The international jury of the 55th annual World Press Photo Contest has selected a photograph by Samuel Aranda as The Picture of the Year for 2011.
The picture shows a woman holding a wounded relative in her arms, inside a mosque used as a field hospital by demonstrators against the rule of President Ali Abdullah Saleh during clashes in Sanaa, Yemen on 15 October 2011.
Samuel Aranda was working in Yemen on assignment for The New York Times.
In their press release, Word Press quotes Koyo Kouoh from Cameroon, one of the jury members: "It is a photo that speaks for the entire region. It stands for Yemen, Egypt, Tunisia, Libya, Syria; for all that happened in the Arab Spring. But it shows a private, intimate side of what went on. And it shows the role that women played, not only as care-givers, but as active people in the movement."

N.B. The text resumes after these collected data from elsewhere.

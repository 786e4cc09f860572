-- ===== src/Network/Gossip/Joined.antt =====
-- src/net/behaviour.rs: gossipsub is subscribed to the topics that the table of subscribers has.
use ipfs_embed.Prelude.{
  ℕ, zero, suc, ◌≡◌, ◌==◌, Bool, true, false, not, ◌&&◌, ◌||◌, List, [], ◌∷◌, Option, none, some,
  is_some,
}
use ipfs_embed.Channel.{Channel, broadcast as send_all}
use ipfs_embed.AddressBook.State.{Topic}
use ipfs_embed.Network.State.{ForeignCall, gossip_subscribe, gossip_unsubscribe}
use ipfs_embed.Network.Gossip.{
  GossipEvent, GossipState, subscribers_of, subscribe, notify_subscribers, put_subscribers,
}

-- Whether gossipsub is subscribed to a topic after a call, if it was or was not before.
abbrev pub joined_by : Topic → Bool → ForeignCall → Bool
joined_by t was (gossip_subscribe u) = u == t || was
joined_by t was (gossip_unsubscribe u) = not (u == t) && was
joined_by t was _ = was

-- the same after some calls
abbrev pub joined : Topic → Bool → List ForeignCall → Bool
joined t was [] = was
joined t was (c ∷ calls) = joined t (joined_by t was c) calls

abbrev pub InSync : GossipState → Type 0
InSync s =
    (t : Topic) → joined t false s.behaviour.calls ≡ is_some (subscribers_of t s.subscriptions)

-- A subscription that gossipsub does not refuse, an event of a topic, or a subscriber who drops
-- the receiver.
pub data Act : Type 0 where
  subscribes : Topic → Act
  notifies : Topic → GossipEvent → Act
  leaves : Topic → ℕ → Act

abbrev pub close_at : ℕ → List (Channel GossipEvent) → List (Channel GossipEvent)
close_at i [] = []
close_at zero (c ∷ cs) = record c { open_ = false } ∷ cs
close_at (suc i) (c ∷ cs) = c ∷ close_at i cs

abbrev pub left : GossipState → Topic → ℕ → Option (List (Channel GossipEvent)) → GossipState
left s topic i none = s
left s topic i (some subscribers) = put_subscribers topic (close_at i subscribers) s

unfoldable pub act : (Topic → Topic) → GossipState → Act → GossipState
act hash s (subscribes topic) = (subscribe hash s topic none).0
act hash s (notifies topic event) = notify_subscribers hash s topic event
act hash s (leaves topic i) = left s topic i (subscribers_of topic s.subscriptions)

unfoldable pub acts : (Topic → Topic) → GossipState → List Act → GossipState
acts hash s [] = s
acts hash s (a ∷ rest) = acts hash (act hash s a) rest

-- Gossipsub is on, and subscribed to the topics that have subscribers.
pub record IsJoined (s : GossipState) : Type 0 where
  pub enabled : s.behaviour.gossipsub ≡ true
  pub in_sync : InSync s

Nina Berman, a photographer from the United States and a fellow jury member said: "In the Western media, we seldom see veiled women in this way: at such an intimate moment. It is as if all of the events of the Arab Spring resulted in this single moment - in moments like this."
Manoocher Deghati, France/Iran AP regional photo manager for the Middle East commented that: "The photo is the result of a very human moment, but it also reminds us of something important: that women played a crucial part in this revolution. It is easy to portray the aggressiveness of situations like these. This image shows the tenderness that can exist within all the aggression. The violence is still there, but it shows another side."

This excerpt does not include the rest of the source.